El secretismo que envuelve todas estas cuestiones hace posible que conozcamos puntualmente solo algunos de los casos que se cocinan en las cloacas del Estado, probablemente los más novelescos que permiten a la prensa y al Estado tildarlos de “excepciones” cubriéndolos de un aura rocambolesca. Así conocimos a personajes como Villarejo o el pequeño Nicolás. Sin embargo, más allá de ser “accidentes del régimen” forman parte de su ADN. Entre los casos destapados “accidentalmente” también se han descubierto algunos de los más espinosos como la creación de los GAL o el amparo de torturados.

Repasamos algunos de los mayores escándalos (conocidos) de las cloacas.
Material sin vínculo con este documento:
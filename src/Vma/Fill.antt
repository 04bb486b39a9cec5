-- ===== src/Vma/Fill.antt =====
-- `vma_alloc` keeps the areas valid and returns what was asked for.
use kernel_legacy.Vma.{
  Area, AreaState, Memory, AllocMode, eager, on_demand, allocated, lazy, page_align, is_free,
  area_at, put_at, vma_map_area, Allocation, unchanged, undo, fill, vma_alloc_in_area, choose,
  vma_alloc,
}
use kernel_legacy.Vma.Tiling.{IsTiled, area_at-IsTiled, put_at-IsTiled}
use kernel_legacy.Vma.Alloc.{
  IsValid, at_most_one, coalesced-put_at, vma_destroy_area-IsValid, split-cases, choose-IsUsable,
}
use kernel_legacy.Prelude.{
  ℕ, zero, suc, ◌+◌, ◌^◌, ◌≤◌, ◌<◌, ◌≡◌, refl, inl, inr, true, false, some, List, [], ◌∷◌, arith,
  Bool-cases, Option-cases, replicate,
}

-- the state that an allocation gives the area
abbrev pub state_of : AllocMode → AreaState
state_of eager = allocated
state_of on_demand = lazy

-- The areas are valid, and an area that is returned has at least the asked size, in whole pages,
-- with the asked flags and the state of the mode.
abbrev pub IsSound : (lo hi size flags : ℕ) → AllocMode → Allocation → Type 0
IsSound lo hi size flags mode r =
    IsValid lo hi r.areas
    × ((i : ℕ)
        → r.returned ≡ some i
        → (a : Area) × (area_at r.areas i ≡ some a)
          × (a.size ≡ page_align size)
          × (size ≤ a.size)
          × (a.pte_flags ≡ flags)
          × (a.state ≡ state_of mode))

undo-IsSound :
    (lo hi size flags : ℕ) (mode : AllocMode) (l : List Area) (i : ℕ)
    → hi < 2 ^ 32
    → IsValid lo hi l
    → IsSound lo hi size flags mode (undo l i)
undo-IsSound lo hi size flags mode l i small v =
    (vma_destroy_area-IsValid lo hi l i small v, λ j e. cc)

pub area_at-put_at :
    (l : List Area) (i : ℕ) (a x : Area) (left : List Area)
    → area_at l i ≡ some a
    → area_at (put_at l i (x ∷ left)) i ≡ some x
area_at-put_at [] i a x left e = cc
area_at-put_at (b ∷ rest) zero a x left e = refl
area_at-put_at (b ∷ rest) (suc i) a x left e = area_at-put_at rest i a x left e

-- what stands in the place of the free area `a` at `i`
module _ (lo hi : ℕ) (l : List Area) (i : ℕ) (a : Area) (left : List Area) (v : IsValid lo hi l)
    (found : area_at l i ≡ some a) (idle : is_free a ≡ true) (one : at_most_one left ≡ true) where
  put_at-IsValid :
      (x : Area)
      → IsTiled a.start_vaddr (a.start_vaddr + a.size) (x ∷ left)
      → is_free x ≡ false
      → IsValid lo hi (put_at l i (x ∷ left))
  put_at-IsValid x tiled busy = (
    put_at-IsTiled lo hi l i a (x ∷ left) v.0 found tiled,
    coalesced-put_at l i a x left v.1 found idle busy one,
  )

  kept-IsSound :
      (x : Area) (size flags : ℕ) (mode : AllocMode)
      → IsTiled a.start_vaddr (a.start_vaddr + a.size) (x ∷ left)
      → is_free x ≡ false
      → x.size ≡ page_align size
      → size ≤ x.size
      → x.pte_flags ≡ flags
      → x.state ≡ state_of mode
      → IsSound lo hi size flags mode
          (record { returned = some i; given_back = []; areas = put_at l i (x ∷ left) })
  kept-IsSound x size flags mode tiled busy fit le flag state = (
    put_at-IsValid x tiled busy,
    λ j e.
        let same : i ≡ j = cc in
        (x, rw (← same) (area_at-put_at l i a x left found), fit, le, flag, state),
  )

  -- without memory for the array, and in the two modes with it
  pub fill-IsSound :
      (m : Memory) (new : Area) (size flags : ℕ) (mode : AllocMode)
      → hi < 2 ^ 32
      → IsTiled a.start_vaddr (a.start_vaddr + a.size) (new ∷ left)
      → is_free new ≡ false
      → new.state ≡ allocated
      → new.size ≡ page_align size
      → size ≤ new.size
      → IsSound lo hi size flags mode (fill m l i new left flags mode)
  unfolding fill vma_map_area
  fill-IsSound m new size flags mode small tiled busy state fit le = elim (Bool-cases m.array) [
    | inl memory ↦ go mode memory
    | inr full ↦
        rw full (undo-IsSound lo hi size flags mode _ i small (put_at-IsValid new tiled busy))
  ]
    where
      go :
          (mode : AllocMode)
          → m.array ≡ true
          → IsSound lo hi size flags mode (fill m l i new left flags mode)
      go on_demand memory =
          rw (fill, memory)
            (kept-IsSound
              (record new {
                pages = some (replicate new.nr_pages 0);
                pte_flags = flags;
                state = lazy;
              })
              size flags on_demand tiled refl fit le refl refl)
      go eager memory =
          let sized = record new { pages = some (replicate new.nr_pages 0); pte_flags = flags } in
          let full = (vma_map_area m sized).0 in
          elim (Bool-cases (vma_map_area m sized).1) [
            | inl done ↦
                rw (fill, memory, done)
                  (kept-IsSound full size flags eager tiled busy fit le refl state)
            | inr fails ↦
                rw (fill, memory, fails)
                  (undo-IsSound lo hi size flags eager _ i small (put_at-IsValid full tiled busy))
          ]

unchanged-IsSound :
    (lo hi size flags : ℕ) (mode : AllocMode) (l : List Area)
    → IsValid lo hi l
    → IsSound lo hi size flags mode (unchanged l)
unchanged-IsSound lo hi size flags mode l v = (v, λ j e. cc)

-- In areas that tile a range below the top of the address space, with no two free neighbours, an
-- allocation of a size above 0 leaves areas that do the same, whatever memory runs out on its way. An
-- area that it returns is in the list at that position, has the asked size rounded up to whole pages,
-- the asked flags and the state of the mode.
pub vma_alloc-IsSound :
    (m : Memory) (lo hi : ℕ) (l : List Area) (size flags hint : ℕ) (mode : AllocMode)
    → hi < 2 ^ 32
    → IsValid lo hi l
    → 0 < size
    → IsSound lo hi size flags mode (vma_alloc m l size flags hint mode)
unfolding vma_alloc vma_alloc_in_area
vma_alloc-IsSound m lo hi l size flags hint mode small v bytes =
    elim (Option-cases (choose l size hint)) [
      | inl nowhere ↦ rw (vma_alloc, nowhere) (unchanged-IsSound lo hi size flags mode l v)
      | inr (i, at) ↦
          let (a, found, idle, le) = choose-IsUsable l size hint i at in
          let (low, high, some_bytes, whole) = area_at-IsTiled lo hi l i a v.0 found in
          elim (split-cases m.node a size bytes le some_bytes whole (omega arith)) [
            | inl full ↦
                rw (vma_alloc, at, vma_alloc_in_area, found, full)
                  (unchanged-IsSound lo hi size flags mode l v)
            | inr (new, left, e, tiled, state, one, fit, enough) ↦
                rw (vma_alloc, at, vma_alloc_in_area, found, e)
                  (fill-IsSound lo hi l i a left v found idle one m new size flags mode small tiled
                    (rw state refl) state fit enough)
          ]
    ]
El hilo negro entre el franquismo y el Régimen del 78: los torturadores

Desde el franquismo hay un hilo negro de colaboraciones entre las distintas instituciones del Estado como el CNI, las fuerzas de seguridad oficiales (policía y ejército) y fuerzas parapoliciales (no oficiales, pero contratadas por el Gobierno). Las cloacas fueron la vía para la integración en el nuevo régimen de algunos de los personajes más oscuros que integraban los cuerpos represivos franquistas.

Las cloacas fueron destino para franquistas como el torturador Antonio González Pacheco, conocido como Billy el niño. Pacheco fue uno de los miembros más activos de la Brigada Político Social de la Policía franquista, encargada de perseguir y aplastar a la disidencia antifranquista hasta su disolución en 1976, momento a partir del cual este personaje continuó siendo miembro de distintas unidades policiales. En 1982 abandonó sus cargos para trabajar como jefe de seguridad para varias empresas privadas pero siempre manteniendo relaciones y vínculo con el Estado.

El historial de este torturador es largo igual que las recompensas que el Estado le otorgó en agradecimiento por sus servicios. En toda su vida, González Pacheco obtuvo en total cinco medallas concedidas en los años 1972, 1977, 1980, 1982, las cuales nunca fueron retiradas a pesar de la denuncia de sus víctimas. Billy el niño siempre estuvo protegido por el Estado. Las cloacas no pueden separarse de las estructuras oficiales y visibles del Régimen ni de los partidos que las integran, incluso de aquellos con rostro progresista. En 2020 cuando existía la posibilidad de hacer pública la “hoja de servicios” de Billy el niño, PP, Vox, C’S y PSOE vetaron esta posibilidad, a lo que también se sumó Unidas Podemos, según argumentaron a causa de "dudas jurídicas

Te puede interesar: Cuando ‘Billy el niño’ fue una estrella del cine (de terror).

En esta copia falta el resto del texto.